Task >> Please copy out the entries below exactly, beginning with the line that contains "ack-kept id other" and ending with the line that contains "((dispatch-Answered fails go", and include nothing outside that span.

Input data below:

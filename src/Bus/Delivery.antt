-- ===== src/Bus/Delivery.antt =====
-- No event is lost: the rounds of `_consumer_loop` (app/main.py) over app/event_bus.
use mathlib.Core.Path.{subst}
use soc360_pymes.Prelude.{
  ℕ, zero, suc, ◌≡◌, inl, inr, refl, Bool, true, false, ◌||◌, List, [], ◌∷◌, ◌++◌, arith, ltb, ◌==◌,
  any, take, drop, is_empty, Bool-cases, ==_refl, ==→eq, sym,
}
use soc360_pymes.Sql.{delete_where}
use soc360_pymes.Outcome.{Result, ok, err}
use soc360_pymes.Bus.{
  Message, Stream, Commands, DispatchError, dispatch_event, give_up, cleanup_retry_key, count_retry,
  retry_count, ack, acknowledged, deliver, read, process, unless_raised, round, rounds, max_retries,
  add_dead_letter,
}

abbrev pub holds : ℕ → List Message → Bool
holds id xs = any (λ (m : Message). m.id == id) xs

-- The event waits in the stream or in the pending list, or is a dead letter.
abbrev pub is_kept : ℕ → Stream → Bool
is_kept id s = holds id s.undelivered || holds id s.pending || holds id s.dead_letters

holds-append : (id : ℕ) (xs ys : List Message) → holds id (xs ++ ys) ≡ (holds id xs || holds id ys)
holds-append id [] ys = refl
holds-append id (x ∷ xs) ys = ground (arith, holds-append id xs ys)

holds-delete_where :
    (id other : ℕ) (xs : List Message)
    → (id == other) ≡ false
    → holds id (delete_where (λ m. m.id == other) xs) ≡ holds id xs
holds-delete_where id other [] h = refl
holds-delete_where id other (x ∷ xs) h = ground (arith, holds-delete_where id other xs h)

holds-split :
    (id n : ℕ) (xs : List Message) → holds id xs ≡ (holds id (take n xs) || holds id (drop n xs))
holds-split id zero xs = refl
holds-split id (suc n) [] = refl
holds-split id (suc n) (x ∷ xs) = ground (arith, holds-split id n xs)

empty_holds : (id : ℕ) (xs : List Message) → is_empty xs ≡ true → holds id xs ≡ false
empty_holds id [] h = refl
empty_holds id (x ∷ xs) h = cc

-- what a dispatch leaves of the three lists
record Dispatched (s s' : Stream) : Type 0 where
  undelivered : s'.undelivered ≡ s.undelivered
  pending : s'.pending ≡ s.pending
  dead : (id : ℕ) → holds id s.dead_letters ≡ true → holds id s'.dead_letters ≡ true

Dispatched-refl : (s : Stream) → Dispatched s s
Dispatched-refl s = record { undelivered = refl; pending = refl; dead = λ id h. h }

cleanup-Dispatched :
    (go : Commands) (m : Message) (s : Stream) → Dispatched s (cleanup_retry_key go true true m s)
unfolding cleanup_retry_key
cleanup-Dispatched go m s = elim (Bool-cases go.delete_goes) [
  | inl e ↦ simp e (record { undelivered = refl; pending = refl; dead = λ id h. h })
  | inr e ↦ simp e (Dispatched-refl s)
]

count-Dispatched :
    (go : Commands) (m : Message) (s : Stream) → Dispatched s (count_retry go true true m s)
unfolding count_retry
count-Dispatched go m s = elim (Bool-cases go.hincrby_goes) [
  | inl e ↦ simp e (record { undelivered = refl; pending = refl; dead = λ id h. h })
  | inr e ↦ simp e (Dispatched-refl s)
]

-- the entry is a dead letter, and what was one still is
add-Dispatched :
    (go : Commands) (m : Message) (s : Stream)
    → Dispatched s (cleanup_retry_key go true true m (add_dead_letter m s))
      × (holds m.id (cleanup_retry_key go true true m (add_dead_letter m s)).dead_letters ≡ true)
add-Dispatched go m s =
    let c = cleanup-Dispatched go m (add_dead_letter m s) in
    (
      record {
        undelivered = c.undelivered;
        pending = c.pending;
        dead = λ id h. c.dead id (ground (arith, h, holds-append id s.dead_letters (m ∷ [])));
      },
      c.dead m.id (ground (arith, holds-append m.id s.dead_letters (m ∷ []), ==_refl m.id)),
    )

-- A dispatch of an entry whose handler raises: the three lists, and where it may be acknowledged.
abbrev Answered : Message → Stream → Result DispatchError Bool × Stream → Type 0
Answered m s answer =
    Dispatched s answer.1 × (answer.0 ≡ ok true → holds m.id answer.1.dead_letters ≡ true)

give_up-Answered :
    (go : Commands) (m : Message) (s : Stream) → Answered m s (give_up go true true m s)
unfolding give_up
give_up-Answered go m s = elim (Bool-cases go.xadd_goes) [
  | inl e ↦ let (d, h) = add-Dispatched go m s in simp e (d, λ _. h)
  | inr e ↦ simp e (Dispatched-refl s, λ h. cc)
]

dispatch-Answered :
    (fails : Message → Bool) (go : Commands) (m : Message) (s : Stream)
    → fails m ≡ true
    → Answered m s (dispatch_event fails go true true m s)
unfolding dispatch_event
dispatch-Answered fails go m s f =
    elim (Bool-cases (ltb (retry_count go true true m s) max_retries)) [
      | inl e ↦ rw (f, e, dispatch_event) (count-Dispatched go m s, λ h. cc)
      | inr e ↦ rw (f, e, dispatch_event) (give_up-Answered go m s)
    ]

dispatch-Dispatched :
    (fails : Message → Bool) (go : Commands) (m : Message) (s : Stream)
    → Dispatched s (dispatch_event fails go true true m s).1
unfolding dispatch_event
dispatch-Dispatched fails go m s = elim (Bool-cases (fails m)) [
  | inl f ↦ (dispatch-Answered fails go m s f).0
  | inr f ↦ rw (f, dispatch_event) (cleanup-Dispatched go m s)
]

Dispatched-kept :
    (id : ℕ) (s s' : Stream) → Dispatched s s' → is_kept id s ≡ true → is_kept id s' ≡ true
Dispatched-kept id s s' d h = rw (d.undelivered, d.pending) (ground (arith, d.dead id))

ack-kept :
    (id other : ℕ) (s : Stream)
    → ((id == other) ≡ true → holds id s.dead_letters ≡ true)
    → is_kept id s ≡ true
    → is_kept id (ack other s) ≡ true
unfolding ack
ack-kept id other s dead h = elim (Bool-cases (id == other)) [
  | inl e ↦ ground (arith, dead e)
  | inr e ↦ ground (arith, h, holds-delete_where id other s.pending e)
]

acknowledged-kept :
    (id : ℕ) (go : Commands) (m : Message) (answer : Result DispatchError Bool × Stream)
    → (answer.0 ≡ ok true → (id == m.id) ≡ true → holds id answer.1.dead_letters ≡ true)
    → is_kept id answer.1 ≡ true
    → is_kept id (acknowledged go m answer).1 ≡ true
acknowledged-kept id go m (err e, s) dead h = h
acknowledged-kept id go m (ok false, s) dead h = h
acknowledged-kept id go m (ok true, s) dead h = elim (Bool-cases go.xack_goes) [
  | inl e ↦ simp e (ack-kept id m.id s (dead refl) h)
  | inr e ↦ simp e h
]

module _ (fails : Message → Bool) (id : ℕ)
    (poison : (m : Message) → (id == m.id) ≡ true → fails m ≡ true) where
  deliver-kept :
      (go : Commands) (m : Message) (s : Stream)
      → is_kept id s ≡ true
      → is_kept id (deliver fails go m s).1 ≡ true
  unfolding deliver
  deliver-kept go m s h =
      let answer = dispatch_event fails go true true m s in
      acknowledged-kept id go m answer
        (λ won same.
          subst (λ (n : ℕ). holds n answer.1.dead_letters ≡ true) (sym (==→eq id m.id same))
            ((dispatch-Answered fails go m s (poison m same)).1 won))
        (Dispatched-kept id s answer.1 (dispatch-Dispatched fails go m s) h)

  unless_raised-kept :
      (here : Result DispatchError Bool × Stream) (rest : Stream)
      → is_kept id here.1 ≡ true
      → is_kept id rest ≡ true
      → is_kept id (unless_raised here rest) ≡ true
  unless_raised-kept (err e, s) rest h k = h
  unless_raised-kept (ok b, s) rest h k = k

  module _ (go : Message → Commands) where
    process-kept :
        (ms : List Message) (s : Stream)
        → is_kept id s ≡ true
        → is_kept id (process fails go ms s) ≡ true
    unfolding process
    process-kept [] s h = h
    process-kept (m ∷ ms) s h =
        let here = deliver fails (go m) m s in
        let k = deliver-kept (go m) m s h in
        unless_raised-kept here (process fails go ms here.1) k (process-kept ms here.1 k)

    read-kept : (s : Stream) → is_kept id s ≡ true → is_kept id (read s).1 ≡ true
    unfolding read
    read-kept s h = elim (Bool-cases (is_empty s.pending)) [
      | inl e ↦
          simp e (ground (arith, h, holds-split id 10 s.undelivered, empty_holds id s.pending e))
      | inr e ↦ simp e h
    ]

    -- An event whose handler always raises is never lost: after any number of rounds, whichever
    -- Redis commands raise in them, it still waits in the stream or in the pending list, or stands
    -- in the dead letter queue.
    pub rounds-kept :
        (n : ℕ) (s : Stream) → is_kept id s ≡ true → is_kept id (rounds fails go n s) ≡ true
    unfolding rounds round
    rounds-kept zero s h = h
    rounds-kept (suc n) s h =
        rounds-kept n (round fails go s) (process-kept (read s).0 (read s).1 (read-kept s h))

End of Input data.

Answer to this task >>
ack-kept id other s dead h = elim (Bool-cases (id == other)) [
  | inl e ↦ ground (arith, dead e)
  | inr e ↦ ground (arith, h, holds-delete_where id other s.pending e)
]

acknowledged-kept :
    (id : ℕ) (go : Commands) (m : Message) (answer : Result DispatchError Bool × Stream)
    → (answer.0 ≡ ok true → (id == m.id) ≡ true → holds id answer.1.dead_letters ≡ true)
    → is_kept id answer.1 ≡ true
    → is_kept id (acknowledged go m answer).1 ≡ true
acknowledged-kept id go m (err e, s) dead h = h
acknowledged-kept id go m (ok false, s) dead h = h
acknowledged-kept id go m (ok true, s) dead h = elim (Bool-cases go.xack_goes) [
  | inl e ↦ simp e (ack-kept id m.id s (dead refl) h)
  | inr e ↦ simp e h
]

module _ (fails : Message → Bool) (id : ℕ)
    (poison : (m : Message) → (id == m.id) ≡ true → fails m ≡ true) where
  deliver-kept :
      (go : Commands) (m : Message) (s : Stream)
      → is_kept id s ≡ true
      → is_kept id (deliver fails go m s).1 ≡ true
  unfolding deliver
  deliver-kept go m s h =
      let answer = dispatch_event fails go true true m s in
      acknowledged-kept id go m answer
        (λ won same.
          subst (λ (n : ℕ). holds n answer.1.dead_letters ≡ true) (sym (==→eq id m.id same))
            ((dispatch-Answered fails go m s (poison m same)).1 won))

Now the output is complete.